考えればキリがなくて、もし自分が答えを出さなきゃならない立場に置かれたら、アオイが言うように、「自分が出した答えを信じるしかない」。けれど、想像は単純な言葉となるだけで、そして言葉は当事者からは遠ざかってしまう気がする。

 

そのようなテーマの中、ぎゅっとしてもらうことが子どもが親にしてもらいたいことだ、というアオイの答えはすとん、と胸に落ちた。それは感覚として理解できるからだ。

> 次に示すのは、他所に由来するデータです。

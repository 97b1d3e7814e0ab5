-- ===== src/Approvals/Executable.antt =====
-- Which approvals pass ApprovalLifecycleService.validate of
-- server/src/application/services/approval_lifecycle.py.
use juris_ai.Base.{
  ◌<◌, String, true, false, ◌≡◌, refl, ◌↔◌, inl, inr, Option, none, some, leb, Bool-cases,
  Option-cases, ==→≡, ≡→==, arith, ap, sym, ◌∙◌, ◌≢◌, subst,
}
use juris_ai.Base.Result.{ok, err}
use juris_ai.Approvals.Records.{
  ApprovalStatus, waiting, approved, rejected, edited, expired, Approval, Store, find, save_expired,
}
use juris_ai.Approvals.Decisions.{expire-uncommitted}
use juris_ai.Approvals.Service.{
  Reply, Env, has_expired, is_approved_status, is_expired, owner_ok, expire, validate,
}

is_approved_status→≡ : (x : ApprovalStatus) → is_approved_status x ≡ true → x ≡ approved
is_approved_status→≡ approved e = refl
is_approved_status→≡ waiting e = cc
is_approved_status→≡ rejected e = cc
is_approved_status→≡ edited e = cc
is_approved_status→≡ expired e = cc

module _ {Json : Type 0} where
  -- The row is approved, its deadline is ahead, and the user, if one is given, requested it.
  pub record Executable (env : Env) (user_id : Option String) (row : Approval Json) : Type 0 where
    pub owner : (user : String) → user_id ≡ some user → row.requested_by ≡ user
    pub in_time : env.now < row.expires_at
    pub decision : row.status ≡ approved

  owner_ok→ :
      (user_id : Option String) (row : Approval Json)
      → owner_ok user_id row ≡ true
      → (user : String) → user_id ≡ some user
      → row.requested_by ≡ user
  unfolding owner_ok
  owner_ok→ none row h user e = absurd (cc e)
  owner_ok→ (some u) row h user e = let same : u ≡ user = cc in ==→≡ row.requested_by u h ∙ same

  →owner_ok :
      (user_id : Option String) (row : Approval Json)
      → ((user : String) → user_id ≡ some user → row.requested_by ≡ user)
      → owner_ok user_id row ≡ true
  unfolding owner_ok
  →owner_ok none row h = refl
  →owner_ok (some u) row h = ≡→== row.requested_by u (h u refl)

  expire-fails :
      (env : Env) (id : String) (s t : Store Json) (row : Approval Json)
      → expire env id s ≢ (ok row, t)
  unfolding expire
  expire-fails env id s t row e = elim (Bool-cases env.commits) [
    | inl c ↦ cc (ap (λ r. r.0) (expire-commits c), ap (λ r. r.0) e)
    | inr c ↦ cc (ap (λ r. r.0) (expire-uncommitted env id s c), ap (λ r. r.0) e)
  ]
    where
      expire-commits : env.commits ≡ true → expire env id s ≡ (err has_expired, save_expired id s)
      expire-commits c = rw c refl

  -- An approval passes validate, and then is returned with nothing changed, exactly when its row is
  -- approved, its deadline is ahead, and the user, if one is given, requested it.
  pub validate-ok_iff :
      (env : Env) (id : String) (user_id : Option String) (s t : Store Json) (row : Approval Json)
      → (validate env id user_id s ≡ (ok row, t))
        ↔ ((find id s ≡ some row) × (t ≡ s) × Executable env user_id row)
  unfolding validate is_expired
  validate-ok_iff env id user_id s t row = (to, from)
    where
      passed :
          (old : Approval Json)
          → find id s ≡ some old
          → ((user : String) → user_id ≡ some user → old.requested_by ≡ user)
          → leb old.expires_at env.now ≡ false
          → old.status ≡ approved
          → ◌≡◌ {A = Reply Json (Approval Json)} (ok old, s) (ok row, t)
          → (find id s ≡ some row) × (t ≡ s) × Executable env user_id row
      passed old e o early w h =
          let same : old ≡ row = cc (ap (λ r. r.0) h) in
          (
            e ∙ ap some same,
            sym (ap (λ r. r.1) h),
            subst (Executable env user_id) same
                (record { owner = o; in_time = ground arith; decision = w }),
          )

      to :
          validate env id user_id s ≡ (ok row, t)
          → (find id s ≡ some row) × (t ≡ s) × Executable env user_id row
      to h = elim (Option-cases (find id s)) [
        | inl e ↦ absurd (cc (ap (λ r. r.0) (rw (e, validate) at h)))
        | inr (old, e) ↦ elim (Bool-cases (owner_ok user_id old)) [
          | inr o ↦ absurd (cc (ap (λ r. r.0) (rw (e, o, validate) at h)))
          | inl o ↦ elim (Bool-cases (leb old.expires_at env.now)) [
            | inl late ↦ absurd (expire-fails env id s t row (rw (e, o, late, validate) at h))
            | inr early ↦ elim (Bool-cases (is_approved_status old.status)) [
              | inr w ↦ absurd (cc (ap (λ r. r.0) (rw (e, o, early, w, validate) at h)))
              | inl w ↦
                  passed old e (owner_ok→ user_id old o) early (is_approved_status→≡ old.status w)
                    (rw (e, o, early, w, validate) at h)
            ]
          ]
        ]
      ]

      from :
          (find id s ≡ some row) × (t ≡ s) × Executable env user_id row
          → validate env id user_id s ≡ (ok row, t)
      from (e, p, x) =
          let early : leb row.expires_at env.now ≡ false = ground (arith, x.in_time) in
          let test : is_approved_status row.status ≡ true = ap is_approved_status x.decision in
          rw (e, →owner_ok user_id row x.owner, early, test, validate)
            (ap (λ z. (ok row, z)) (sym p))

灯里の子どもの頃に亡くなった母は、物心ついた時には無菌室に入っていた。
「そばに行きたい。触っていたい。あなたの手はどれだけ温かいの? 髪はさらさら? 肌はふわふわ?
何かに隔てられたまま、さよならするのは、もう嫌」

 

全編を通して、皮膚感覚すらも伝わってくる『透明なゆりかご』。言葉に頼らないシンプルなその感覚をストレートに受け取るのは時にしんどさを伴うけれど、普段言葉にすることで零れ落ちてしまうものたちを忘れずにいられそうな気がする。